Sofie paused long enough to sit down in the leather chair. “Nathan was such a fool. He fully trusted me. I told him to bite me, to inject me with venom, and he did. When I woke up, I was immortal. I knew it instantly. I could feel the overwhelming power coursing through my veins. It was exhilarating.” Sofie sighed sadly. When she continued, her voice was thick with torment. “I found Nathan’s lifeless body lying beside me. The spell had reversed the consequences. It killed him. I killed him.”
She’d cast the spell for love. Not for selfish, foolish gains, as Mortimer had said. He had lied as well.
“I killed my soul mate, Evangeline. And I would have jumped into a flaming pit, had it not been for Veronique.” Sofie was out of her chair again and standing in front of the mantel in the blink of an eye, smiling adoringly at the painting of the dark–haired beauty. “Veronique was my younger sister.” Her voice fell, grew distant. “She was normal … Not a witch, I mean. The sorceress’s gene skipped her. She was always so supportive of my love for Nathan, for a vampire. The only supportive one. That’s because she understood implicitly. She was madly in love with not one, but two of them—one named Mortimer and the other named Viggo.”

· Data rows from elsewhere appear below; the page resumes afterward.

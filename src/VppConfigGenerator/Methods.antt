-- ===== src/VppConfigGenerator/Methods.antt =====
-- resources/libraries/python/VppConfigGenerator.py: the methods with checks, loops, or a composed path,
-- and those that run commands on the node, which are a parameter.
use csit.Base.{
  ℕ, zero, suc, leb, ◌==◌, Bool, false, ◌&&◌, not, Option, none, some, List, [], ◌∷◌, ◌++◌,
  if◌then◌else◌, drop, any,
}
use csit.Base.Int.{pos, show_int}
use csit.Base.Text.{Text, codes, text_eq, join}
use csit.Base.Result.{Result, ok, raise, ◌>>=◌, type_error, value_error}
use csit.Topology.{Node}
use csit.VppConfigGenerator.{Item, null, text, VppConfigGenerator, Outcome, pci_dev_check}
use csit.VppConfigGenerator.Settings.{stored}

-- The statements after a call, unless it raised.
abbrev pub and_next : Outcome → (VppConfigGenerator → Outcome) → Outcome
and_next (self, raise e) next = (self, raise e)
and_next (self, ok _) next = next self

-- A statement under `if pci_dev_check(...)`, which is true or raises.
abbrev pub if_checked : VppConfigGenerator → Result (Unit {0}) → Outcome → Outcome
if_checked self (raise e) outcome = (self, raise e)
if_checked self (ok _) outcome = outcome

unfoldable pub add_unix_log : VppConfigGenerator → Option Item → Outcome
add_unix_log self none = stored self (text self.vpp_logfile) (codes "unix" ∷ codes "log" ∷ [])
add_unix_log self (some value) = stored self value (codes "unix" ∷ codes "log" ∷ [])

-- The default of the argument is a constant from the environment.
unfoldable pub add_graph_node_variant : VppConfigGenerator → Text → Outcome
add_graph_node_variant self variant =
    if text_eq variant []
    then (self, ok tt)
    else if any (text_eq variant) (codes "hsw" ∷ codes "skx" ∷ codes "icl" ∷ [])
    then stored self (text variant) (codes "node" ∷ codes "default" ∷ codes "variant" ∷ [])
    else (self, raise value_error)

abbrev pub dev_path : Text → List Text
dev_path device = codes "dpdk" ∷ (codes "dev " ++ device) ∷ []

unfoldable pub add_dpdk_dev : VppConfigGenerator → List Text → Outcome
add_dpdk_dev self [] = (self, ok tt)
add_dpdk_dev self (device ∷ devices) =
    and_next (if_checked self (pci_dev_check device) (stored self (text []) (dev_path device)))
      (λ after. add_dpdk_dev after devices)

unfoldable pub add_dpdk_dev_parameter : VppConfigGenerator → Text → Text → Item → Outcome
add_dpdk_dev_parameter self device parameter value =
    if_checked self (pci_dev_check device)
      (stored self value (codes "dpdk" ∷ (codes "dev " ++ device) ∷ parameter ∷ []))

-- `Topology.get_uio_driver`, where a node that is not set has no keys.
abbrev pub uio_driver_of : VppConfigGenerator → Option Node → Outcome
uio_driver_of self none = (self, raise type_error)
uio_driver_of self (some node) =
    stored self (elim node.uio_driver [ none ↦ null | some driver ↦ text driver ])
      (codes "dpdk" ∷ codes "uio-driver" ∷ [])

unfoldable pub add_dpdk_uio_driver : VppConfigGenerator → Option Item → Outcome
add_dpdk_uio_driver self none = uio_driver_of self self.node
add_dpdk_uio_driver self (some value) = stored self value (codes "dpdk" ∷ codes "uio-driver" ∷ [])

abbrev pub is_digit : ℕ → Bool
is_digit c = leb 48 c && leb c 57

-- The pattern of a digit, a character and a digit at the end, or before a line feed there.
abbrev pub ends_here : Text → Bool
ends_here (a ∷ b ∷ c ∷ []) = is_digit a && not (b == 10) && is_digit c
ends_here (a ∷ b ∷ c ∷ d ∷ []) = is_digit a && not (b == 10) && is_digit c && d == 10
ends_here _ = false

-- `re.sub` with that pattern, in an ASCII text.
unfoldable pub sub_end : Text → Text → Text
sub_end new [] = []
sub_end new (c ∷ s) =
    let later = sub_end new s in if ends_here (c ∷ s) then new ++ drop 3 (c ∷ s) else c ∷ later

abbrev pub cryptodev_loop : Option Text → ℕ → ℕ → VppConfigGenerator → Outcome
cryptodev_loop cryptodev i zero self = (self, ok tt)
cryptodev_loop none i (suc count) self = (self, raise type_error)
cryptodev_loop (some cryptodev) i (suc count) self =
    and_next (stored self (text []) (dev_path (sub_end (codes "1." ++ show_int (pos i)) cryptodev)))
      (cryptodev_loop (some cryptodev) (suc i) count)

abbrev pub cryptodevs_of : VppConfigGenerator → Option Node → ℕ → Outcome
cryptodevs_of self none count = (self, raise type_error)
cryptodevs_of self (some node) count =
    and_next (cryptodev_loop node.cryptodev 0 count self)
      (λ after. add_dpdk_uio_driver after (some (text (codes "vfio-pci"))))

unfoldable pub add_dpdk_cryptodev : VppConfigGenerator → ℕ → Outcome
add_dpdk_cryptodev self count = cryptodevs_of self self.node count

unfoldable pub add_dpdk_sw_cryptodev : VppConfigGenerator → Text → Text → ℕ → Outcome
add_dpdk_sw_cryptodev self sw_pmd_type socket_id zero = (self, ok tt)
add_dpdk_sw_cryptodev self sw_pmd_type socket_id (suc count) =
    and_next
      (stored self (text []) (
        codes "dpdk"
        ∷ (codes "vdev cryptodev_"
            ++ (sw_pmd_type ++ (codes "_pmd," ++ (codes "socket_id=" ++ socket_id))))
        ∷ []))
      (λ after. add_dpdk_sw_cryptodev after sw_pmd_type socket_id count)

-- The slaves, as the generator expression checks them.
abbrev pub checked_slaves : List Text → Result (Unit {0})
checked_slaves [] = ok tt
checked_slaves (slave ∷ slaves) = do _ ← pci_dev_check slave; checked_slaves slaves

abbrev pub ethbond_config : Text → Text → Text → List Text → Text
ethbond_config ethbond_id mode xmit_policy slaves =
    codes "vdev eth_bond"
    ++ (ethbond_id
        ++ (codes ","
            ++ (codes "mode="
                ++ (mode
                    ++ (codes "slave="
                        ++ (join (codes ",slave=") slaves
                            ++ (codes ",xmit_policy=" ++ xmit_policy)))))))

unfoldable pub add_dpdk_eth_bond_dev : VppConfigGenerator → Text → Text → Text → List Text → Outcome
add_dpdk_eth_bond_dev self ethbond_id mode xmit_policy slaves =
    if_checked self (checked_slaves slaves) (
      stored self (text []) (codes "dpdk" ∷ ethbond_config ethbond_id mode xmit_policy slaves ∷ []))

unfoldable pub add_plugin : VppConfigGenerator → Text → List Text → Outcome
add_plugin self state [] = (self, ok tt)
add_plugin self state (plugin ∷ plugins) =
    and_next
      (stored self (text (codes " ")) (codes "plugins" ∷ (codes "plugin " ++ plugin) ∷ state ∷ []))
      (λ after. add_plugin after state plugins)

unfoldable pub add_nat : VppConfigGenerator → Option Text → Outcome
add_nat self none = stored self (text []) (codes "nat" ∷ codes "deterministic" ∷ [])
add_nat self (some value) = stored self (text []) (codes "nat" ∷ value ∷ [])
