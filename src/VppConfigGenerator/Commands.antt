-- ===== src/VppConfigGenerator/Commands.antt =====
-- resources/libraries/python/VppConfigGenerator.py: what is run on the node. Each call is an event there,
-- and whether it raises is a function of the events before.
use csit.Base.{Bool, true, false, Option, none, some, List, [], ◌∷◌, ◌++◌, ◌≡◌, refl, ap, ◌∙◌}
use csit.Base.Text.{Text, codes}
use csit.Base.Result.{Exception, Result, ok, raise}
use csit.VppConfigGenerator.{VppConfigGenerator, dump_config, dumped}

-- A command, with `sudo` or without, and the calls of VPPUtil.
pub data Event : Type 0 where
  sudo_command : Text → Event
  command : Text → Event
  restart_vpp_service : Event
  verify_vpp : Event

-- The events so far, and how the last call ended.
abbrev pub Ran : Type 0
Ran = List Event × Result (Unit {0})

-- `"{None}"` is the text None.
abbrev pub shown : Option Text → Text
shown none = codes "None"
shown (some s) = s

abbrev pub copy_command : Text → Text → Text
copy_command from_file to_file = codes "cp " ++ (from_file ++ (codes " " ++ to_file))

abbrev pub write_command : Text → Text → Text
write_command config filename = codes "echo \"" ++ (config ++ (codes "\" | sudo tee " ++ filename))

abbrev pub or_default : Option Text → Text → Text
or_default none default = default
or_default (some filename) default = filename

module _ (call : List Event → Event → Result (Unit {0})) where
  abbrev pub then_call : Ran → Event → Ran
  then_call (events, raise e) event = (events, raise e)
  then_call (events, ok _) event = (events ++ event ∷ [], call events event)

  abbrev pub backed_up : VppConfigGenerator → Option Text → List Event → Ran
  backed_up self none events = (events, ok tt)
  backed_up self (some backup) events =
      then_call (events, ok tt) (sudo_command (copy_command self.vpp_startup_conf backup))

  unfoldable pub write_config :
      VppConfigGenerator → Option Text → List Event → VppConfigGenerator × Ran
  write_config self filename events =
      let after = dumped self in
      (
        after,
        then_call (backed_up after after.vpp_startup_conf_backup events)
            (command (write_command after.vpp_config (or_default filename after.vpp_startup_conf))),
      )

  abbrev pub verified : Bool → Ran → Ran
  verified true ran = then_call ran verify_vpp
  verified false ran = ran

  unfoldable pub apply_config :
      VppConfigGenerator → Option Text → Bool → List Event → VppConfigGenerator × Ran
  apply_config self filename verify events =
      let (after, ran) = write_config self filename events in
      (after, verified verify (then_call ran restart_vpp_service))

  unfoldable pub restore_config : VppConfigGenerator → List Event → Ran
  restore_config self events =
      then_call (events, ok tt)
        (sudo_command (copy_command (shown self.vpp_startup_conf_backup) self.vpp_startup_conf))

  abbrev pub raised_or_on : Result (Unit {0}) → (List Event → Ran) → List Event → Ran
  raised_or_on (raise e) next events = (events, raise e)
  raised_or_on (ok _) next events = next events

  -- What applying a configuration comes to: events in an order, until one raises.
  abbrev pub run_until_raised : List Event → List Event → Ran
  run_until_raised [] events = (events, ok tt)
  run_until_raised (event ∷ rest) events =
      raised_or_on (call events event) (run_until_raised rest) (events ++ event ∷ [])

  abbrev pub backup_plan : VppConfigGenerator → Option Text → List Event
  backup_plan self none = []
  backup_plan self (some backup) = sudo_command (copy_command self.vpp_startup_conf backup) ∷ []

  abbrev pub verify_plan : Bool → List Event
  verify_plan true = verify_vpp ∷ []
  verify_plan false = []

  -- The backup if there is one to make, the text of the configuration behind what was dumped before, the
  -- restart, and the verification if it is wanted.
  abbrev pub plan : VppConfigGenerator → Option Text → Bool → List Event
  plan self filename verify =
      backup_plan self self.vpp_startup_conf_backup
      ++ (command (
            write_command (self.vpp_config ++ dump_config self.nodeconfig)
              (or_default filename self.vpp_startup_conf))
          ∷ restart_vpp_service
          ∷ verify_plan verify)

  then_calls : Ran → List Event → Ran
  then_calls ran [] = ran
  then_calls ran (event ∷ rest) = then_calls (then_call ran event) rest

  then_calls-raised :
      (plan events : List Event) (e : Exception)
      → then_calls (events, raise e) plan ≡ (events, raise e)
  unfolding then_calls
  then_calls-raised [] events e = refl
  then_calls-raised (event ∷ plan) events e = then_calls-raised plan events e

  then_calls-run :
      (plan events : List Event) → then_calls (events, ok tt) plan ≡ run_until_raised plan events
  unfolding then_calls
  then_calls-run [] events = refl
  then_calls-run (event ∷ plan) events =
      called (call events event) (then_calls-run plan (events ++ event ∷ []))
    where
      called :
          (result : Result (Unit {0}))
          → then_calls (events ++ event ∷ [], ok tt) plan
            ≡ run_until_raised plan (events ++ event ∷ [])
          → then_calls (events ++ event ∷ [], result) plan
            ≡ raised_or_on result (run_until_raised plan) (events ++ event ∷ [])
      called (raise e) h = then_calls-raised plan (events ++ event ∷ []) e
      called (ok _) h = h

  planned :
      (self : VppConfigGenerator) (backup : Option Text) (verify : Bool) (events : List Event)
      (write : Event)
      → verified verify
          (then_call (then_call (backed_up self backup events) write) restart_vpp_service)
        ≡ then_calls
            (events, ok tt)
            (backup_plan self backup ++ (write ∷ restart_vpp_service ∷ verify_plan verify))
  unfolding then_calls
  planned self none true events write = refl
  planned self none false events write = refl
  planned self (some backup) true events write = refl
  planned self (some backup) false events write = refl

  -- apply_config dumps the configuration and runs its plan: the copy of the old file if a backup is set,
  -- the writing of the new one, the restart, and the verification if it is wanted, up to the first call
  -- that raises.
  pub apply_config-plan :
      (self : VppConfigGenerator) (filename : Option Text) (verify : Bool) (events : List Event)
      → apply_config self filename verify events
        ≡ (dumped self, run_until_raised (plan self filename verify) events)
  unfolding apply_config write_config
  apply_config-plan self filename verify events =
      ap (λ r. (dumped self, r))
        (planned self self.vpp_startup_conf_backup verify events _
          ∙ then_calls-run (plan self filename verify) events)
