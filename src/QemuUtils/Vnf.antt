-- ===== src/QemuUtils/Vnf.antt =====
-- resources/libraries/python/QemuUtils.py: the network function that runs in the machine. Reading a
-- template file and string.Template are one parameter, which fills a file with keyword arguments.
use csit.Base.{ltb, Bool, true, false, none, some, List, [], ◌∷◌, ◌++◌, if◌then◌else◌}
use csit.Base.Dict.{lookup}
use csit.Base.Int.{pos}
use csit.Base.Result.{type_error, runtime_error, Result, ok, raise, or_raise}
use csit.Base.Text.{Text, codes, join}
use csit.Base.Text.Lines.{contains}
use Prim.Native.String.{String}
use csit.OptionString.{Object, text, str, truth_of}
use csit.DpdkUtil.{Kwargs}
use csit.Topology
use csit.VppConfigGenerator as Generator
use csit.VppConfigGenerator.{VppConfigGenerator, Outcome, dumped}
use csit.VppConfigGenerator.Settings.{
  add_unix_nodaemon, add_unix_cli_listen, add_unix_exec, add_socksvr, add_main_heap_size,
  add_main_heap_page_size, add_statseg_size, add_statseg_page_size, add_statseg_per_node_counters,
  add_buffers_per_numa, add_cpu_main_core, add_cpu_corelist_workers, add_dpdk_dev_default_rxq,
  add_dpdk_log_level, add_dpdk_no_multi_seg, add_dpdk_no_tx_checksum_offload,
}
use csit.VppConfigGenerator.Methods.{and_next, add_plugin, add_dpdk_dev, add_nat}
use csit.VppConfigGenerator.Commands.{write_command}
use csit.Ssh.{Command, Answers, Ran, and_then, exec_cmd_no_error}
use csit.QemuUtils.{QemuUtils, numbered, with_temp}
use csit.QemuUtils.Testpmd.{
  workers, required, create_kernelvm_config_testpmd_io, create_kernelvm_config_testpmd_mac,
}
use csit.QemuUtils.Options.{shown, temp_text}

-- One statement after the other, and one under `if`.
infixl 5 ◌▹◌
abbrev pub ◌▹◌ : Outcome → (VppConfigGenerator → Outcome) → Outcome
outcome ▹ next = and_next outcome next

abbrev pub under : Bool → (VppConfigGenerator → Outcome) → VppConfigGenerator → Outcome
under true next self = next self
under false next self = (self, ok tt)

abbrev pub item : String → Generator.Item
item s = Generator.text (codes s)

abbrev pub enabled : String → VppConfigGenerator → Outcome
unfolding add_plugin
enabled plugin self = add_plugin self (codes "enable") (codes plugin ∷ [])

-- The part of the configuration that does not depend on the network function.
abbrev pub vpp_basic : QemuUtils → Topology.Node → Text → Outcome
unfolding Generator.set_node Generator.init add_unix_nodaemon add_unix_cli_listen add_unix_exec
    add_socksvr add_main_heap_size add_main_heap_page_size add_statseg_size add_statseg_page_size
    add_statseg_per_node_counters add_buffers_per_numa add_cpu_main_core add_cpu_corelist_workers
    add_plugin
vpp_basic self node running =
    Generator.set_node Generator.init node none
    ▹ add_unix_nodaemon
    ▹ (λ c. add_unix_cli_listen c none)
    ▹ (λ c. add_unix_exec c (Generator.text running))
    ▹ (λ c. add_socksvr c none)
    ▹ (λ c. add_main_heap_size c (item "512M"))
    ▹ (λ c. add_main_heap_page_size c (item "2M"))
    ▹ (λ c. add_statseg_size c (item "512M"))
    ▹ (λ c. add_statseg_page_size c (item "2M"))
    ▹ (λ c. add_statseg_per_node_counters c (item "on"))
    ▹ (λ c. add_buffers_per_numa c (Generator.number (pos 107520)))
    ▹ (λ c. add_cpu_main_core c (item "0"))
    ▹ under (ltb 1 self.smp)
        (λ c. add_cpu_corelist_workers c (Generator.text (codes "1-" ++ workers self)))
    ▹ (λ c. add_plugin c (codes "disable") (codes "default" ∷ []))
    ▹ enabled "ping_plugin.so"

-- A value that a key has to hold, or KeyError.
abbrev pub with_key :
    Result Object → (Object → VppConfigGenerator → Outcome) → VppConfigGenerator → Outcome
with_key (raise e) next self = (self, raise e)
with_key (ok value) next self = next value self

abbrev pub vpp_vhost : Kwargs → VppConfigGenerator → Outcome
unfolding lookup add_plugin add_dpdk_dev add_dpdk_dev_default_rxq add_dpdk_log_level
    add_dpdk_no_multi_seg add_dpdk_no_tx_checksum_offload
vpp_vhost kwargs c =
    enabled "dpdk_plugin.so" c
    ▹ (λ c. add_dpdk_dev c (codes "0000:00:06.0" ∷ codes "0000:00:07.0" ∷ []))
    ▹ with_key (required "queues" kwargs)
        (λ queues c. add_dpdk_dev_default_rxq c (Generator.text (str queues)))
    ▹ (λ c. add_dpdk_log_level c (item "debug"))
    ▹ with_key (required "jumbo_frames" kwargs) (λ jumbo_frames.
      under (if truth_of jumbo_frames then false else true)
        (λ c. add_dpdk_no_multi_seg c ▹ add_dpdk_no_tx_checksum_offload))

-- The whole configuration, from the name of the network function.
unfoldable pub vpp_startup : QemuUtils → Topology.Node → Text → Text → Kwargs → Outcome
unfolding contains add_plugin add_nat
vpp_startup self node running vnf kwargs =
    vpp_basic self node running
    ▹ under (contains (codes "2vfpt") vnf) (enabled "avf_plugin.so")
    ▹ under (contains (codes "vhost") vnf) (vpp_vhost kwargs)
    ▹ under (contains (codes "ipsec") vnf) (λ c.
      enabled "crypto_native_plugin.so" c
      ▹ enabled "crypto_ipsecmb_plugin.so"
      ▹ enabled "crypto_openssl_plugin.so")
    ▹ under (contains (codes "nat") vnf)
        (λ c. add_nat c (some (codes "endpoint-dependent")) ▹ enabled "nat_plugin.so")

module _ (answers : Answers) (fill : Text → Kwargs → Result Text) where
  -- `rm -f`, the filled template, and its writing with `tee`.
  abbrev pub filled : Text → Text → Kwargs → List Command → Ran (Unit {0})
  filled template path kwargs sent =
      and_then (exec_cmd_no_error answers (codes "rm -f " ++ path) true sent) (λ _ sent.
        and_then (sent, fill template kwargs)
          (λ src sent.
            and_then
              (exec_cmd_no_error answers
                (join [] (codes "echo '" ∷ src ∷ codes "' | sudo tee " ∷ path ∷ [])) false sent)
              (λ _ sent. (sent, ok tt))))

  unfoldable pub create_kernelvm_init : QemuUtils → Kwargs → List Command → Ran (Unit {0})
  unfolding lookup
  create_kernelvm_init self kwargs sent =
      let path = temp_text self "ini" in
      and_then (filled (codes "resources/templates/vm/init.sh") path kwargs sent) (λ _ sent.
        and_then (exec_cmd_no_error answers (codes "chmod +x " ++ path) true sent)
          (λ _ sent. (sent, ok tt)))

  -- `vpp_config.write_config(startup)`, for a configuration without a backup.
  abbrev pub startup_written : Text → Outcome → List Command → Ran (Unit {0})
  startup_written startup (c, raise e) sent = (sent, raise e)
  startup_written startup (c, ok _) sent =
      and_then (exec_cmd_no_error answers (write_command (dumped c).vpp_config startup) false sent)
        (λ _ sent. (sent, ok tt))

  -- The state, whose paths are set first, and the run; `in` on a missing name of the function is
  -- TypeError.
  unfoldable pub create_kernelvm_config_vpp :
      QemuUtils → Topology.Node → Kwargs → List Command → QemuUtils × Ran (Unit {0})
  unfolding vpp_startup
  create_kernelvm_config_vpp self node kwargs sent =
      let startup = numbered "/etc/vpp/vm_startup_" self.qemu_id ".conf" in
      let running = numbered "/etc/vpp/vm_running_" self.qemu_id ".exec" in
      let after = record (with_temp (with_temp self "startup" startup) "running" running) {
        vnf_bin = some (codes "/usr/bin/vpp -c " ++ startup);
      } in
      (
        after,
        and_then (sent, or_raise type_error self.vnf)
            (λ vnf sent.
              and_then (startup_written startup (vpp_startup self node running vnf kwargs) sent)
                (λ _.
                  filled (join [] (codes "resources/templates/vm/" ∷ vnf ∷ codes ".exec" ∷ []))
                    running kwargs)),
      )

  -- The state after a configuration without commands.
  abbrev pub configured : QemuUtils → List Command → Result QemuUtils → QemuUtils × Ran (Unit {0})
  configured self sent (raise e) = (self, (sent, raise e))
  configured self sent (ok after) = (after, (sent, ok tt))

  -- The init script after a configuration, with the program that it named.
  abbrev pub then_init : QemuUtils × Ran (Unit {0}) → QemuUtils × Ran (Unit {0})
  unfolding create_kernelvm_init
  then_init (self, ran) = (
    self,
    and_then ran
        (λ _. create_kernelvm_init self ((codes "vnf_bin", text (shown self.vnf_bin)) ∷ [])),
  )

  abbrev pub configure_named :
      QemuUtils → Topology.Node → Kwargs → Text → List Command → QemuUtils × Ran (Unit {0})
  unfolding create_kernelvm_config_vpp create_kernelvm_config_testpmd_io
      create_kernelvm_config_testpmd_mac create_kernelvm_init
  configure_named self node kwargs vnf sent =
      if contains (codes "vpp") vnf
      then then_init (create_kernelvm_config_vpp self node kwargs sent)
      else if contains (codes "testpmd_io") vnf
      then then_init (configured self sent (create_kernelvm_config_testpmd_io self kwargs))
      else if contains (codes "testpmd_mac") vnf
      then then_init (configured self sent (create_kernelvm_config_testpmd_mac self kwargs))
      else (self, (sent, raise runtime_error))

  unfoldable pub configure_kernelvm_vnf :
      QemuUtils → Topology.Node → Kwargs → List Command → QemuUtils × Ran (Unit {0})
  unfolding create_kernelvm_config_vpp create_kernelvm_config_testpmd_io
      create_kernelvm_config_testpmd_mac create_kernelvm_init
  configure_kernelvm_vnf self node kwargs sent = elim self.vnf [
    | none ↦ (self, (sent, raise type_error))
    | some vnf ↦ configure_named self node kwargs vnf sent
  ]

I thought my eyes were going to pop out of their sockets.
Sofie turned to me and chuckled. “Yes, my silly, sweet sister saw something in both of them. Outrageous, isn’t it? Veronique was waiting to decide between the two before transforming to spend eternity with them.” She swallowed hard, looking down at the floor. “When I cast my spell, it destroyed that possibility for her. Mortimer felt the change immediately. He described it as the only life force within him, drained. Later we learned that every vampire felt something strange happen. They soon discovered that their venom was rendered useless. It was an unexpected outcome of the spell. Things like that can happen.